John 11: 35
35 Jesus wept.
All of us eventually come to a point in our lives where something happens that just guts us. It hollows you out and leaves unable to do anything but to weep in great sorrow. For me, it was not so long ago. In April of 2018 I went in for a prenatal checkup, and found out my fourth child, Baby Sam, had died at six weeks gestation. This hollowed me out and I was barely able to contain my tears until I reached the van. I wept that day. The grief overcame me and took over everything. I had already begun to imagine life with the new addition and how I was going to mother 4 kids instead of 3. I wasn’t the only one in my family who was overcome with grief.
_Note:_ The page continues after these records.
-- ===== src/TaskQueue/Handlers.antt =====
-- DEFAULT_TASK_HANDLERS: expiry of proposals, verification of the audit chain and the simulated day.
-- The jobs of backend/app/services/scheduler.py are parameters.
use dse_auto.Common.{
  ℕ, Bool, true, false, ◌&&◌, Option, none, some, List, [], ◌∷◌, String, str_eq, if◌then◌else◌, ok,
  raise, Error, map, count_if,
}
use dse_auto.Common.Keys.{
  Json, Fields, null, obj, arr, end, field, done, int, bool, str, letters, dict,
}
use dse_auto.Store.{
  Order, OrderStatus, proposed, awaiting_approval, approved, submitted, partially_filled, filled,
  cancelled, expired, rejected, risk_rejected, Session,
}
use dse_auto.Store.Rows.{opt_lt}
use dse_auto.Env.{Env}
use dse_auto.Audit.Status.{verify_audit_chain}
use dse_auto.TaskQueue.{TaskSession, save}
use dse_auto.TaskQueue.Worker.{Handler}

abbrev pub is_undecided : OrderStatus → Bool
is_undecided proposed = true
is_undecided awaiting_approval = true
is_undecided approved = false
is_undecided submitted = false
is_undecided partially_filled = false
is_undecided filled = false
is_undecided cancelled = false
is_undecided expired = false
is_undecided rejected = false
is_undecided risk_rejected = false

abbrev pub is_overdue : ℕ → Order → Bool
is_overdue now o = is_undecided o.status && opt_lt o.expires_at now

abbrev pub expire : ℕ → Order → Order
expire now o = if is_overdue now o then record o { status = expired } else o

-- A change of the orders table, from a session of the queue.
abbrev pub set_orders : List Order → TaskSession → TaskSession
set_orders os s = record {
  work = record {
    tasks = s.work.tasks;
    heartbeats = s.work.heartbeats;
    rest = record s.work.rest { books = record s.work.rest.books { orders = os } };
  };
  durable = s.durable;
}

unfoldable pub expire_proposals : ℕ → Handler
expire_proposals now s payload =
    let os = s.work.rest.books.orders in
    (
      ok (dict (("expired", int (count_if (is_overdue now) os)) ∷ [])),
      save (set_orders (map (expire now) os) s),
    )

-- The session of the trading core inside a session of the queue.
abbrev pub as_session : TaskSession → Session
as_session s = record { work = s.work.rest; durable = s.durable.rest }

unfoldable pub audit_verify : Env → Handler
unfolding verify_audit_chain
audit_verify env s payload =
    (ok (dict (("valid", bool (verify_audit_chain env (as_session s))) ∷ [])), s)

abbrev pub find_field : String → Fields → Option Json
find_field name done = none
find_field name (field k v rest) =
    let later = find_field name rest in if str_eq k name then some v else later

-- payload.get(name, default), for a payload that is an object
abbrev pub payload_get : String → Json → Json → Json
payload_get name default (obj fs) = elim (find_field name fs) [ none ↦ default | some v ↦ v ]
payload_get name default null = default
payload_get name default (str k) = default
payload_get name default (int n) = default
payload_get name default (Json.amount z) = default
payload_get name default (bool b) = default
payload_get name default (arr l) = default

unfoldable pub simulation_day : Handler
simulation_day s payload = (
  ok (
      dict (
        ("simulated", bool true)
        ∷ ("day", payload_get "day" null payload)
        ∷ ("symbols", payload_get "symbols" (arr end) payload)
        ∷ ("strategies", payload_get "strategies" (arr end) payload)
        ∷ [])),
  s,
)

-- The job that `_legacy_job` imports, with the error that it raises, if any.
unfoldable pub legacy_job : (String → TaskSession → Option Error × TaskSession) → String → Handler
legacy_job jobs name s payload =
    let (r, s') = jobs name s in
    (
      elim r [
        | some e ↦ raise e
        | none ↦ ok (dict (("completed", bool true) ∷ ("handler", str (letters name ∷ [])) ∷ []))
      ],
      s',
    )

abbrev pub lookup : String → List (String × Handler) → Option Handler
lookup name [] = none
lookup name ((k, h) ∷ rest) = if str_eq k name then some h else lookup name rest

unfoldable pub default_handlers :
    Env → ℕ → (String → TaskSession → Option Error × TaskSession) → String → Option Handler
unfolding legacy_job expire_proposals audit_verify simulation_day
default_handlers env now jobs name = lookup name (
    ("market_data_ingestion", legacy_job jobs "refresh_quotes_job")
    ∷ ("campaign_scans", legacy_job jobs "campaign_drift_detection_job")
    ∷ ("signal_generation", legacy_job jobs "scan_signals_job")
    ∷ ("proposal_expiry", expire_proposals now)
    ∷ ("reconciliation", legacy_job jobs "reconciliation_job")
    ∷ ("eod_processing", legacy_job jobs "campaign_end_of_day_job")
    ∷ ("evidence_generation", legacy_job jobs "report_generation_job")
    ∷ ("backups", legacy_job jobs "end_of_day_snapshot_job")
    ∷ ("audit_verification", audit_verify env)
    ∷ ("incident_notifications", legacy_job jobs "scan_news_job")
    ∷ ("simulation_day", simulation_day)
    ∷ [])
My husband fell apart and wept. My children, we had only recently shared the news because I began to show also began to sob. They had been so excited for another new baby. A silence befell our house that day. An eerie deafening silence as we all retreated to our rooms and wept. Although we were all under the same roof, we all felt very alone. We all wept.
This is okay. If you yourself are going through something, it is okay to put life on hold and weep. Jesus himself did in the verse mentioned above. Even during this holiday season, it is okay to pause from all the merriment and to weep. Maybe this isn’t your time to make merry, but instead to grieve whatever it is you need to grieve. Find a place, weep, mourn, ask God for comfort, and when you are ready take the first step forward.
Lord, help me through this time of sorrow. I don’t have much to say right now. All I can say is I feel broken and like my world has been turned upside down. Just be with me and give me comfort during this difficult time. In your name. Amen.